A subalgebra S is finitely generated if there exists t : Finset A such that Algebra.adjoin R t = S.

Equations

• Subalgebra.FG S = ∃ (t : Finset A), Algebra.adjoin R ↑t = S

theorem Subalgebra.fg_adjoin_finset {R : Type u} {A : Type v} [CommSemiring R] [Semiring A] [Algebra R A] (s : Finset A) : Subalgebra.FG (Algebra.adjoin R ↑s)

theorem Subalgebra.fg_def {R : Type u} {A : Type v} [CommSemiring R] [Semiring A] [Algebra R A] {S : Subalgebra R A} : Subalgebra.FG S ↔ ∃ (t : Set A), Set.Finite t ∧ Algebra.adjoin R t = S

theorem Subalgebra.fg_bot {R : Type u} {A : Type v} [CommSemiring R] [Semiring A] [Algebra R A] : Subalgebra.FG ⊥

theorem Subalgebra.fg_of_fg_toSubmodule {R : Type u} {A : Type v} [CommSemiring R] [Semiring A] [Algebra R A] {S : Subalgebra R A} : Submodule.FG (Subalgebra.toSubmodule S) → Subalgebra.FG S

theorem Subalgebra.fg_of_noetherian {R : Type u} {A : Type v} [CommSemiring R] [Semiring A] [Algebra R A] [IsNoetherian R A] (S : Subalgebra R A) : Subalgebra.FG S

theorem Subalgebra.fg_of_submodule_fg {R : Type u} {A : Type v} [CommSemiring R] [Semiring A] [Algebra R A] (h : Submodule.FG ⊤) : Subalgebra.FG ⊤

theorem Subalgebra.FG.prod {R : Type u} {A : Type v} {B : Type w} [CommSemiring R] [Semiring A] [Algebra R A] [Semiring B] [Algebra R B] {S : Subalgebra R A} {T : Subalgebra R B} (hS : Subalgebra.FG S) (hT : Subalgebra.FG T) : Subalgebra.FG (Subalgebra.prod S T)

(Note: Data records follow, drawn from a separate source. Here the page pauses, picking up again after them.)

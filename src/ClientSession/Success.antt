-- ===== src/ClientSession/Success.antt =====
-- A cycle of src/client_session.rs between a master that has asked and a server that answers: the
-- call returns, and the master is answered.
use modbus_bridge_rs.Base.{
  ℕ, ◌+◌, ◌%◌, ◌^◌, ◌≡◌, refl, Option, List, ◌++◌, arith, length, drop, le→ltb,
}
use modbus_bridge_rs.Base.Outcome.{pure, map_fail}
use modbus_bridge_rs.Base.Runs.{Runs, Runs-then, Runs-map_fail, Runs-zoom}
use modbus_bridge_rs.Frame.{crc, parse_rtu_request}
use modbus_bridge_rs.Frame.Crc.{IsU16}
use modbus_bridge_rs.Frame.Check.{body}
use modbus_bridge_rs.Frame.Convert.{mbap_frame}
use modbus_bridge_rs.Io.{Traffic}
use modbus_bridge_rs.Io.Responsive.{Faces, write_all-runs}
use modbus_bridge_rs.Ports.{Ports, IsPorts, IsLive}
use modbus_bridge_rs.Rtu
use modbus_bridge_rs.Rtu.{on_serial}
use modbus_bridge_rs.Rtu.Replies
use modbus_bridge_rs.Rtu.Replies.{IsRequestAdu}
use modbus_bridge_rs.Rtu.Answered.{on_serial-runs, send-runs}
use modbus_bridge_rs.Tcp
use modbus_bridge_rs.Tcp.Success.{IsTcpAdu, listen-runs}
use modbus_bridge_rs.Event.{BridgeEvent, tcp_io, rtu_io}
use modbus_bridge_rs.Connection.{or_zero, completed, listen_error}
use modbus_bridge_rs.ClientSession.{
  ClientSession, Cycle, on_rtu, on_tcp, request_error, read_request, exchange, relay, reply,
}
use modbus_bridge_rs.ClientSession.Relay.{tid_warning, relay_response_lem}

-- What goes out to the master for a response, and to the server for a request.
abbrev pub bus_frame : List ℕ → List ℕ
bus_frame resp = drop 6 resp ++ crc (drop 6 resp)

abbrev pub net_frame : ℕ → List ℕ → List ℕ
net_frame tid req = mbap_frame tid (body req)

-- The event of a cycle, with the transaction id that it used.
abbrev pub cycle_event : ℕ → List ℕ → List ℕ → BridgeEvent
cycle_event tid req resp = completed (or_zero (parse_rtu_request req)) (tid_warning tid resp)

-- The id after a given one.
abbrev pub id_after : ℕ → ℕ
id_after id = (id + 1) % 2 ^ 16

pub id_after-IsU16 : (id : ℕ) → IsU16 (id_after id)
id_after-IsU16 id = omega arith

module _ {S TX TS D SE TE : Type 0} {p : Ports S TX TS SE TE} {bus : Traffic S} {net : Traffic TS}
    {bus_script : S → List ℕ → List ℕ} {net_script : TS → List ℕ → List ℕ}
    (lawful : IsPorts p bus net) (live : IsLive p bus net bus_script net_script)
    (master server : List ℕ → List ℕ) (limits : Option ℕ × Option ℕ) where
  -- The traffic up to now, between the given master and server, the last transaction id, and the
  -- timeouts on the serial port and on the stream.
  abbrev pub Between : ℕ → List ℕ → List ℕ → List ℕ → List ℕ → ClientSession S TX TS D → Type 0
  Between id bus_out bus_in net_out net_in c =
      ((c.client.rtu_timeout_ms, c.client.tcp_timeout_ms) ≡ limits)
      × (c.tcp.transaction_id ≡ id)
      × Faces lawful.serial_lawful live.serial_live master bus_out bus_in c.client.rtu.serial
      × Faces lawful.stream_lawful live.stream_live server net_out net_in c.tcp.stream

  -- A call serves: from any point of the traffic between a master and a server that are functions
  -- of what they have been told, if the master has sent one whole request with a valid CRC, and
  -- the server answers the request's PDU under the next transaction id by one whole frame of 7 to
  -- 261 bytes, then the call returns the event of the request, or a warning if the answer is for
  -- another transaction; and the master has been sent the answer's PDU with its CRC, whatever the
  -- sizes of the reads and writes into which the lines part the frames, and whatever comes behind
  -- them.
  abbrev pub Serves : Cycle S TX TS D SE TE BridgeEvent → Type 0
  Serves m =
      (id : ℕ) (bus_out bus_in net_out net_in req resp more_bus more_net : List ℕ)
      (c : ClientSession S TX TS D)
      → IsRequestAdu req
      → IsTcpAdu resp
      → Between id bus_out bus_in net_out net_in c
      → master bus_out ≡ bus_in ++ (req ++ more_bus)
      → server (net_out ++ net_frame (id_after id) req) ≡ net_in ++ (resp ++ more_net)
      → Runs m c (cycle_event (id_after id) req resp) (
          Between (id_after id) (bus_out ++ bus_frame resp) (bus_in ++ req)
            (net_out ++ net_frame (id_after id) req) (net_in ++ resp))

  pub read_request-runs :
      (id : ℕ) (bus_out bus_in net_out net_in req more : List ℕ) (c : ClientSession S TX TS D)
      → IsRequestAdu req
      → Between id bus_out bus_in net_out net_in c
      → master bus_out ≡ bus_in ++ (req ++ more)
      → Runs (read_request p) c req (Between id bus_out (bus_in ++ req) net_out net_in)
  unfolding read_request
  read_request-runs id bus_out bus_in net_out net_in req more c (valid, size, fits) (set, i, fb, fn)
        e =
      Runs-map_fail request_error (on_rtu (on_serial (Rtu.listen p.vec p.serial))) c req
        (Between id bus_out (bus_in ++ req) net_out net_in)
        (Runs-zoom (λ u. u.client.rtu) (λ r u. record u { client = record u.client { rtu = r } })
          (on_serial (Rtu.listen p.vec p.serial)) c req
          (λ r. Faces lawful.serial_lawful live.serial_live master bus_out (bus_in ++ req) r.serial)
          (Between id bus_out (bus_in ++ req) net_out net_in)
          (on_serial-runs p.pin lawful.serial_lawful live.serial_live master
            (Rtu.listen p.vec p.serial) c.client.rtu req bus_out (bus_in ++ req)
            (Rtu.Replies.listen-runs lawful.serial_lawful live.serial_live master lawful.vec_lawful
              bus_out bus_in req more c.client.rtu.serial valid size fits fb e))
          (λ r f. (set, i, f, fn)))

  abbrev pub send_request : List ℕ → Cycle S TX TS D SE TE (Unit {0})
  send_request req = map_fail tcp_io (on_tcp (Tcp.send p.stream req))

  abbrev pub read_response : Cycle S TX TS D SE TE (List ℕ)
  read_response = map_fail listen_error (on_tcp (Tcp.listen p.vec p.stream))

  pub send_request-runs :
      (id : ℕ) (bus_out bus_in net_out net_in req : List ℕ) (c : ClientSession S TX TS D)
      → Between id bus_out bus_in net_out net_in c
      → Runs (send_request req) c tt (Between id bus_out bus_in (net_out ++ req) net_in)
  unfolding Tcp.send
  send_request-runs id bus_out bus_in net_out net_in req c (set, i, fb, fn) =
      Runs-map_fail tcp_io (on_tcp (Tcp.send p.stream req)) c tt
        (Between id bus_out bus_in (net_out ++ req) net_in)
        (Runs-zoom (λ u. u.tcp.stream) (λ s u. record u { tcp = record u.tcp { stream = s } })
          (Tcp.send p.stream req) c tt
          (Faces lawful.stream_lawful live.stream_live server (net_out ++ req) net_in)
          (Between id bus_out bus_in (net_out ++ req) net_in)
          (write_all-runs lawful.stream_lawful live.stream_live server net_out net_in req
            c.tcp.stream fn)
          (λ s f. (set, i, fb, f)))

  pub read_response-runs :
      (id : ℕ) (bus_out bus_in net_out net_in resp more : List ℕ) (c : ClientSession S TX TS D)
      → IsTcpAdu resp
      → Between id bus_out bus_in net_out net_in c
      → server net_out ≡ net_in ++ (resp ++ more)
      → Runs read_response c resp (Between id bus_out bus_in net_out (net_in ++ resp))
  read_response-runs id bus_out bus_in net_out net_in resp more c (_, size, fits) (set, i, fb, fn)
        e =
      Runs-map_fail listen_error (on_tcp (Tcp.listen p.vec p.stream)) c resp
        (Between id bus_out bus_in net_out (net_in ++ resp))
        (Runs-zoom (λ u. u.tcp.stream) (λ s u. record u { tcp = record u.tcp { stream = s } })
          (Tcp.listen p.vec p.stream) c resp
          (Faces lawful.stream_lawful live.stream_live server net_out (net_in ++ resp))
          (Between id bus_out bus_in net_out (net_in ++ resp))
          (listen-runs lawful.stream_lawful live.stream_live server lawful.vec_lawful net_out net_in
            resp more c.tcp.stream size fits fn e)
          (λ s f. (set, i, fb, f)))

  -- Sending a request and reading the response, however it waits between the two.
  abbrev pub Answers : (List ℕ → Cycle S TX TS D SE TE (List ℕ)) → Type 0
  Answers exchange =
      (id : ℕ) (bus_out bus_in net_out net_in req resp more : List ℕ) (c : ClientSession S TX TS D)
      → IsTcpAdu resp
      → Between id bus_out bus_in net_out net_in c
      → server (net_out ++ req) ≡ net_in ++ (resp ++ more)
      → Runs (exchange req) c resp (Between id bus_out bus_in (net_out ++ req) (net_in ++ resp))

  pub exchange-runs : Answers (exchange p)
  unfolding exchange
  exchange-runs id bus_out bus_in net_out net_in req resp more c answers f e =
      Runs-then (send_request req) read_response c tt resp
        (Between id bus_out bus_in (net_out ++ req) net_in)
        (Between id bus_out bus_in (net_out ++ req) (net_in ++ resp))
        (send_request-runs id bus_out bus_in net_out net_in req c f)
        (λ c' f'.
          read_response-runs id bus_out bus_in (net_out ++ req) net_in resp more c' answers f' e)

  reply-runs :
      (id : ℕ) (bus_out bus_in net_out net_in frame : List ℕ) (event : BridgeEvent)
      (c : ClientSession S TX TS D)
      → Between id bus_out bus_in net_out net_in c
      → Runs (reply p frame event) c event (Between id (bus_out ++ frame) bus_in net_out net_in)
  reply-runs id bus_out bus_in net_out net_in frame event c (set, i, fb, fn) =
      Runs-then (map_fail rtu_io (on_rtu (Rtu.send p.serial p.pin frame))) (pure event) c tt event
        (Between id (bus_out ++ frame) bus_in net_out net_in)
        (Between id (bus_out ++ frame) bus_in net_out net_in)
        (Runs-map_fail rtu_io (on_rtu (Rtu.send p.serial p.pin frame)) c tt
          (Between id (bus_out ++ frame) bus_in net_out net_in)
          (Runs-zoom (λ u. u.client.rtu) (λ r u. record u { client = record u.client { rtu = r } })
            (Rtu.send p.serial p.pin frame) c tt
            (λ r.
              Faces lawful.serial_lawful live.serial_live master (bus_out ++ frame) bus_in r.serial)
            (Between id (bus_out ++ frame) bus_in net_out net_in)
            (send-runs p.pin lawful.serial_lawful live.serial_live master bus_out bus_in frame
              c.client.rtu fb)
            (λ r f. (set, i, f, fn))))
        (λ c' q. (c', refl, q))

  pub relay-runs :
      (id tid : ℕ) (bus_out bus_in net_out net_in req resp : List ℕ) (c : ClientSession S TX TS D)
      → IsTcpAdu resp
      → Between id bus_out bus_in net_out net_in c
      → Runs
          (relay p req tid resp)
          c
          (cycle_event tid req resp)
          (Between id (bus_out ++ bus_frame resp) bus_in net_out net_in)
  relay-runs id tid bus_out bus_in net_out net_in req resp c (long, size, fits) f =
      rw
        (
          relay_response_lem lawful.vec_lawful {SE = SE} {TE = TE} resp tid (size, fits),
          le→ltb (length resp) 7 long,
        )
        (reply-runs id bus_out bus_in net_out net_in (bus_frame resp) (cycle_event tid req resp) c
          f)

theorem Subalgebra.FG.map {R : Type u} {A : Type v} {B : Type w} [CommSemiring R] [Semiring A] [Algebra R A] [Semiring B] [Algebra R B] {S : Subalgebra R A} (f : A →ₐ[R] B) (hs : Subalgebra.FG S) : Subalgebra.FG (Subalgebra.map f S)

theorem Subalgebra.fg_of_fg_map {R : Type u} {A : Type v} {B : Type w} [CommSemiring R] [Semiring A] [Algebra R A] [Semiring B] [Algebra R B] (S : Subalgebra R A) (f : A →ₐ[R] B) (hf : Function.Injective ⇑f) (hs : Subalgebra.FG (Subalgebra.map f S)) : Subalgebra.FG S

theorem Subalgebra.fg_top {R : Type u} {A : Type v} [CommSemiring R] [Semiring A] [Algebra R A] (S : Subalgebra R A) : Subalgebra.FG ⊤ ↔ Subalgebra.FG S

theorem Subalgebra.induction_on_adjoin {R : Type u} {A : Type v} [CommSemiring R] [Semiring A] [Algebra R A] [IsNoetherian R A] (P : Subalgebra R A → Prop) (base : P ⊥) (ih : ∀ (S : Subalgebra R A) (x : A), P S → P (Algebra.adjoin R (insert x ↑S))) (S : Subalgebra R A) : P S

instance AlgHom.isNoetherianRing_range {R : Type u} {A : Type v} {B : Type w} [CommSemiring R] [CommRing A] [CommRing B] [Algebra R A] [Algebra R B] (f : A →ₐ[R] B) [IsNoetherianRing A] : IsNoetherianRing ↥(AlgHom.range f)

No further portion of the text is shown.